劳秋池乐的吹了个口哨,坐在马车内朝走路的林清禾投去得意的眼神。
“寄人篱下的表小姐,真可怜啊!”她嘲讽道。
马车掠过林清禾,劳秋池挑衅的冲她挥挥手。
一晃而过的还有马车内的胡冷玉,
胡冷玉是富商之女,她极力与劳秋池交好,想人上人。
她高抬下巴,油然而生一股倨傲。
“不知道的还以为她俩是公主呢。”红莲忍不住讥道。
林清禾笑:“越是没本领的人,才会仗势欺人。”
红莲点头:“说的也是。”
两人说说笑笑进府,刚踏过门槛。
桃红便上前:“表小姐,夫人有请。”
林清禾与红莲对视。
“好。”林清禾点头,跟她前往。
金夫人的院子是整个西门府最中间的位置,一进院便被花团锦簇包围。
花香有些浓郁,林清禾不由打了个喷嚏。
桃红怪异的看了她一眼。
她记忆里,这个表小姐谨小慎微,一直低着头,却也从未当众失礼过。
打喷嚏也会强硬憋着的性子,她现在看来,当真是有些不一样了。
到了屋门口,桃红侧过身子让林清禾先进去,向屋里禀告:“夫人,表小姐来了。”
林清禾进屋便感受到一道敏锐探究的视线落在她身上。
她抬头,看着主座上雍容华贵的金夫人,微行礼:“舅母。”
“烟丫头,快到舅母身旁来。”金夫人热情不已招着手。
林清禾上前。
金夫人本想拉她的手,见她有意保持距离,神色淡了些,她笑道:“烟丫头最近在书院过的可好?”

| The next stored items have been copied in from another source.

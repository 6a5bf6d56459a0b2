-- ===== src/Storage/Runtime/Upserts.antt =====
-- _upsert_runtime_current and _upsert_runtime_database_current of storage/repositories.py: the statements as
-- functions on the tables.
use pg_monitor.Prelude.{
  ℕ, suc, String, Bool, true, not, ◌&&◌, Option, none, some, List, [], ◌∷◌, leb, filter,
  if◌then◌else◌,
}
use pg_monitor.Prelude.Eq.{String_eq, ◌=?◌}
use pg_monitor.Prelude.Dict.{has}
use pg_monitor.Collector.Models.{DatabaseMetric, RuntimeSnapshotResult}
use pg_monitor.Storage.Orm.{RuntimeCurrentOrm, RuntimeDatabaseCurrentOrm}
use pg_monitor.Storage.Session.{Db, update}

module _ {F : Type 0} where
  unfoldable pub current_row : RuntimeSnapshotResult F → RuntimeCurrentOrm F
  current_row snapshot = record {
    db_identifier = snapshot.db_identifier;
    captured_at = snapshot.captured_at;
    active_connections = snapshot.activity.active_connections;
    blocked_sessions = snapshot.activity.blocked_sessions;
    longest_tx_duration_s = snapshot.activity.longest_tx_duration_s;
    waiting_locks = snapshot.locks.waiting_locks;
    granted_locks = snapshot.locks.granted_locks;
  }

  -- INSERT … ON CONFLICT (db_identifier) DO UPDATE … WHERE excluded.captured_at >= captured_at
  unfoldable pub upsert_current :
      RuntimeCurrentOrm F → List (RuntimeCurrentOrm F) → List (RuntimeCurrentOrm F)
  upsert_current excluded [] = excluded ∷ []
  upsert_current excluded (row ∷ rows) =
      if row.db_identifier =? excluded.db_identifier
      then (if leb row.captured_at excluded.captured_at then excluded else row) ∷ rows
      else row ∷ upsert_current excluded rows

  unfoldable pub upsert_runtime_current : RuntimeSnapshotResult F → Db F (Unit {0})
  unfolding upsert_current current_row
  upsert_runtime_current snapshot =
      update
        λ t. record t { runtime_current = upsert_current (current_row snapshot) t.runtime_current }

  -- `select(captured_at).where(db_identifier == db)`: the first row's value
  unfoldable pub current_captured_at : String → List (RuntimeCurrentOrm F) → Option ℕ
  current_captured_at db [] = none
  current_captured_at db (row ∷ rows) =
      if row.db_identifier =? db then some row.captured_at else current_captured_at db rows

-- DELETE … WHERE db_identifier = db AND datname NOT IN datnames (all of `db`, if there are none)
unfoldable pub delete_gone :
    String → List String → List RuntimeDatabaseCurrentOrm → List RuntimeDatabaseCurrentOrm
delete_gone db datnames rows =
    filter (λ r. not ((r.db_identifier =? db) && not (has datnames r.datname))) rows

unfoldable pub database_values : String → ℕ → DatabaseMetric → ℕ → RuntimeDatabaseCurrentOrm
database_values db captured_at row id = record {
  id = id;
  db_identifier = db;
  captured_at = captured_at;
  datid = row.datid;
  datname = row.datname;
  numbackends = row.numbackends;
  xact_commit = row.xact_commit;
  xact_rollback = row.xact_rollback;
  blks_read = row.blks_read;
  blks_hit = row.blks_hit;
  deadlocks = row.deadlocks;
}

-- INSERT … ON CONFLICT (db_identifier, datname) DO UPDATE …: the row that is there keeps its id.
unfoldable pub upsert_database :
    RuntimeDatabaseCurrentOrm → List RuntimeDatabaseCurrentOrm → List RuntimeDatabaseCurrentOrm
upsert_database excluded [] = excluded ∷ []
upsert_database excluded (row ∷ rows) =
    if (row.db_identifier =? excluded.db_identifier) && (row.datname =? excluded.datname)
    then (if leb row.captured_at excluded.captured_at then record excluded { id = row.id } else row)
      ∷ rows
    else row ∷ upsert_database excluded rows

-- One statement inserts all values; the sequence moves on for each of them.
unfoldable pub upsert_all :
    String
    → ℕ
    → ℕ
    → List DatabaseMetric
    → List RuntimeDatabaseCurrentOrm
    → List RuntimeDatabaseCurrentOrm
unfolding upsert_database database_values
upsert_all db captured_at next [] table = table
upsert_all db captured_at next (row ∷ rows) table =
    upsert_all db captured_at (suc next) rows
      (upsert_database (database_values db captured_at row next) table)

-- ON CONFLICT DO UPDATE cannot change one row twice in a statement.
unfoldable pub distinct_names : List String → Bool
distinct_names [] = true
distinct_names (name ∷ names) = not (has names name) && distinct_names names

林清禾心底猜测金夫人叫她来,应该是为西门竹来找她一事。
好巧,她也想找她。
“不好。”林清禾微不可见的勾了勾唇,她抬眼直勾勾的看着金夫人,“书院里的劳女郎和胡女郎率甲班大部分学生欺负我,辱我是寄人篱下的表小姐,是贱人,不配与她们待在一起。
大表哥见我上学路可怜,邀请同乘了一段。
今日她们往我桌上放毒蛇,蜈蚣蝎子等五毒,骂我是勾引大表哥的贱人。”
金夫人听的心惊,面色难看起来。
她有曾耳闻南如烟在书院处境并不是很好。
南如烟不说,她也当做不知道。
提了,她又有些头疼。
更让她没想到的是,林清禾直接说了西门竹,这恰恰也是她想叫她来的目的,旁敲侧击,让她别痴心妄想。
结果她都说了,这怎么接话。
“傻孩子,受欺负了之前怎么不说,她们也太过分了,我明日就去书院,为你讨个公道。”金夫人一脸愤怒道。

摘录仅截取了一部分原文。